→ Instructions to follow: Across the material that follows, tally each line in which "elim" occurs, and state the total alone.

→ Data for this exercise:
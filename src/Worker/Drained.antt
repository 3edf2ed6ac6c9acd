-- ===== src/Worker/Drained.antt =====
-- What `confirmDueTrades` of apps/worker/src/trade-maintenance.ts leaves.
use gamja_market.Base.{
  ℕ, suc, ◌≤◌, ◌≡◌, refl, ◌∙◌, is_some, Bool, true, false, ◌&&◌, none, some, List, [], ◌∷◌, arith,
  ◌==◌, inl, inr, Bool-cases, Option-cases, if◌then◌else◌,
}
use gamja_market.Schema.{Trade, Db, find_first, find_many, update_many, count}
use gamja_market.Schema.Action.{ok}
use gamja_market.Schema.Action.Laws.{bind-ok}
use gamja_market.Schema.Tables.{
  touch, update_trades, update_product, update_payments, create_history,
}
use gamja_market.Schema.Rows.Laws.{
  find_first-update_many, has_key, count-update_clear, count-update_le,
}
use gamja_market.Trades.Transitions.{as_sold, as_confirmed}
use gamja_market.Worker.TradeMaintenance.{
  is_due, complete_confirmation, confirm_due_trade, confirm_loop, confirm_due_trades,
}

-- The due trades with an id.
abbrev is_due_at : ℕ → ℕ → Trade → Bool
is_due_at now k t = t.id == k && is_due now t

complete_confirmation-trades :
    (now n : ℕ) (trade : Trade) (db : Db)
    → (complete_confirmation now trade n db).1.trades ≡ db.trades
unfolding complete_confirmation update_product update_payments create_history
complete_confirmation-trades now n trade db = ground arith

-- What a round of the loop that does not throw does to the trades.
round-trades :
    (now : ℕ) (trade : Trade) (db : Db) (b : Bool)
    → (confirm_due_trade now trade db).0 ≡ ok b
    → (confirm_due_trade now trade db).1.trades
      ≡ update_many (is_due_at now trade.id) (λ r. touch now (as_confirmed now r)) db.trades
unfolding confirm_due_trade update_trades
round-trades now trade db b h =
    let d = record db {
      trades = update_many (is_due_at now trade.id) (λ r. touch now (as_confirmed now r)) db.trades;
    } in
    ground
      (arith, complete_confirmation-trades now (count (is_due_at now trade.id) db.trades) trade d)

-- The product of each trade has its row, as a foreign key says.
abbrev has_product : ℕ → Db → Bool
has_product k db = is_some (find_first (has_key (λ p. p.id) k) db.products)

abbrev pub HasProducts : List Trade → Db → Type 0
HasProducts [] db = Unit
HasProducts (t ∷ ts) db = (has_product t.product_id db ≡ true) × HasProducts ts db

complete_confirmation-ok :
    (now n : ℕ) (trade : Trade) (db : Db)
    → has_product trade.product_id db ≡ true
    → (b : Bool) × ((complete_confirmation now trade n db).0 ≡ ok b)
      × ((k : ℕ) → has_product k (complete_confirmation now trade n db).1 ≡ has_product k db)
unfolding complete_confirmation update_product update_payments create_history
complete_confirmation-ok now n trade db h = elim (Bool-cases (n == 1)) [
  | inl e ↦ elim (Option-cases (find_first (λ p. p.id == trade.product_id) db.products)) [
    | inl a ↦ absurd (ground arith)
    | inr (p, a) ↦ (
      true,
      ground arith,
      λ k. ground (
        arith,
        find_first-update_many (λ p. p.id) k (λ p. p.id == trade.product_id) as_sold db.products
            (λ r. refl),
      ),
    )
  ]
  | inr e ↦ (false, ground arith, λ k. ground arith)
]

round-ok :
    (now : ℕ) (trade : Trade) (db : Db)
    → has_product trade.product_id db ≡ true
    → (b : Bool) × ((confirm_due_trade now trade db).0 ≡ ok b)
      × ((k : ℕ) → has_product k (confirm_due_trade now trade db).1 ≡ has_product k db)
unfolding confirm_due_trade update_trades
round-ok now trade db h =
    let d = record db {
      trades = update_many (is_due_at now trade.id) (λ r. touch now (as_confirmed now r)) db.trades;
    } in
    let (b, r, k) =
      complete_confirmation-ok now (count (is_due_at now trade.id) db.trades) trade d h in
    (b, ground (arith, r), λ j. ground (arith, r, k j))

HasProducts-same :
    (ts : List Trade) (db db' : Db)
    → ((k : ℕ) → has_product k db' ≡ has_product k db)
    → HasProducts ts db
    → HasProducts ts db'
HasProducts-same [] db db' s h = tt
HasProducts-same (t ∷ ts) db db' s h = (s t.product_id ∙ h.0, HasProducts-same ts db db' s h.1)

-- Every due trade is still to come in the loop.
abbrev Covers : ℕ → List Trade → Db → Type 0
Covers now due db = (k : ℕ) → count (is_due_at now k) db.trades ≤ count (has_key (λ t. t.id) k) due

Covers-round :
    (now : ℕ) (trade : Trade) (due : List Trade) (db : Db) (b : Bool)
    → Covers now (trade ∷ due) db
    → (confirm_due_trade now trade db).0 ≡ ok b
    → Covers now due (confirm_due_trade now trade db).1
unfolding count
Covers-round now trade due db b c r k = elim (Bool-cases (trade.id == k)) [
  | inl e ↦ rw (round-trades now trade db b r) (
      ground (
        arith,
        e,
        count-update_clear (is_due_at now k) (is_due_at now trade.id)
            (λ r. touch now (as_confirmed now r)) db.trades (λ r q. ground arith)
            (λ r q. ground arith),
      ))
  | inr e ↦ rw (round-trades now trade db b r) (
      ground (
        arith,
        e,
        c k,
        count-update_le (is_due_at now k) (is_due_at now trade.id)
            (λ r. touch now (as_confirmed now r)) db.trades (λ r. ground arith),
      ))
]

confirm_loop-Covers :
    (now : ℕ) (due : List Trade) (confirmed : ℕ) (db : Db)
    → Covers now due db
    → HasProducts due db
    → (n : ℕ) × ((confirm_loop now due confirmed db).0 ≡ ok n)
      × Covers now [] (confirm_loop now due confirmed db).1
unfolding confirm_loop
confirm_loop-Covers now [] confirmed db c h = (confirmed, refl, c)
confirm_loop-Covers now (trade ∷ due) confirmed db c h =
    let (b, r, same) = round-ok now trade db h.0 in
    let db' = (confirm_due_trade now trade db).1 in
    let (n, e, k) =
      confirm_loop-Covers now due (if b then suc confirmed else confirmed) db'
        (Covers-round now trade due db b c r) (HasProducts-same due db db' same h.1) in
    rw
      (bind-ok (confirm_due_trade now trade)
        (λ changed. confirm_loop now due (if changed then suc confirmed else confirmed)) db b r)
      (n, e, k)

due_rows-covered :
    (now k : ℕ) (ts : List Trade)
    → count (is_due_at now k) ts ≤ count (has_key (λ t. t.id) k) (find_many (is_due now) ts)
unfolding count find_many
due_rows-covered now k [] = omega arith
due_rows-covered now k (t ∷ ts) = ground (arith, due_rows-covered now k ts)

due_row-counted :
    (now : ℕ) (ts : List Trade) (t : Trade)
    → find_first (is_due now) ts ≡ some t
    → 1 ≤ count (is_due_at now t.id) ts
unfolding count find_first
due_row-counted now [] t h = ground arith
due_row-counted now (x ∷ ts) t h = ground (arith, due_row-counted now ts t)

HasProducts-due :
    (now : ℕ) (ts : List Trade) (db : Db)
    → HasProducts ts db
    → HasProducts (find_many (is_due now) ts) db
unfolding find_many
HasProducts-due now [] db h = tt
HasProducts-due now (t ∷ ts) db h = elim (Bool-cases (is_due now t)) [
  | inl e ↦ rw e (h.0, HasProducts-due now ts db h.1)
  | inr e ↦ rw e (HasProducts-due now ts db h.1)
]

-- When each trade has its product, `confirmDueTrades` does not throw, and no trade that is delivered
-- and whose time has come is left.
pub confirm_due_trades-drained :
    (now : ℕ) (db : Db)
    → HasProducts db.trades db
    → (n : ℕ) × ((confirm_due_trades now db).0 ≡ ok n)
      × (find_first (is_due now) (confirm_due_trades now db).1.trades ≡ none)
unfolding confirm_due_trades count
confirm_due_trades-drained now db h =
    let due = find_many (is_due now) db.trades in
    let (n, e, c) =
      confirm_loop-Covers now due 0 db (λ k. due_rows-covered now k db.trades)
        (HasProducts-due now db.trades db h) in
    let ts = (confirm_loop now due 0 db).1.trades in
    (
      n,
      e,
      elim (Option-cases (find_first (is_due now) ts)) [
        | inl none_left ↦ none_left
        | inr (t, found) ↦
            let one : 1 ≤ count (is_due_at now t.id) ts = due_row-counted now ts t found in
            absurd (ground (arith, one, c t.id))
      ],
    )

→ Task output: 5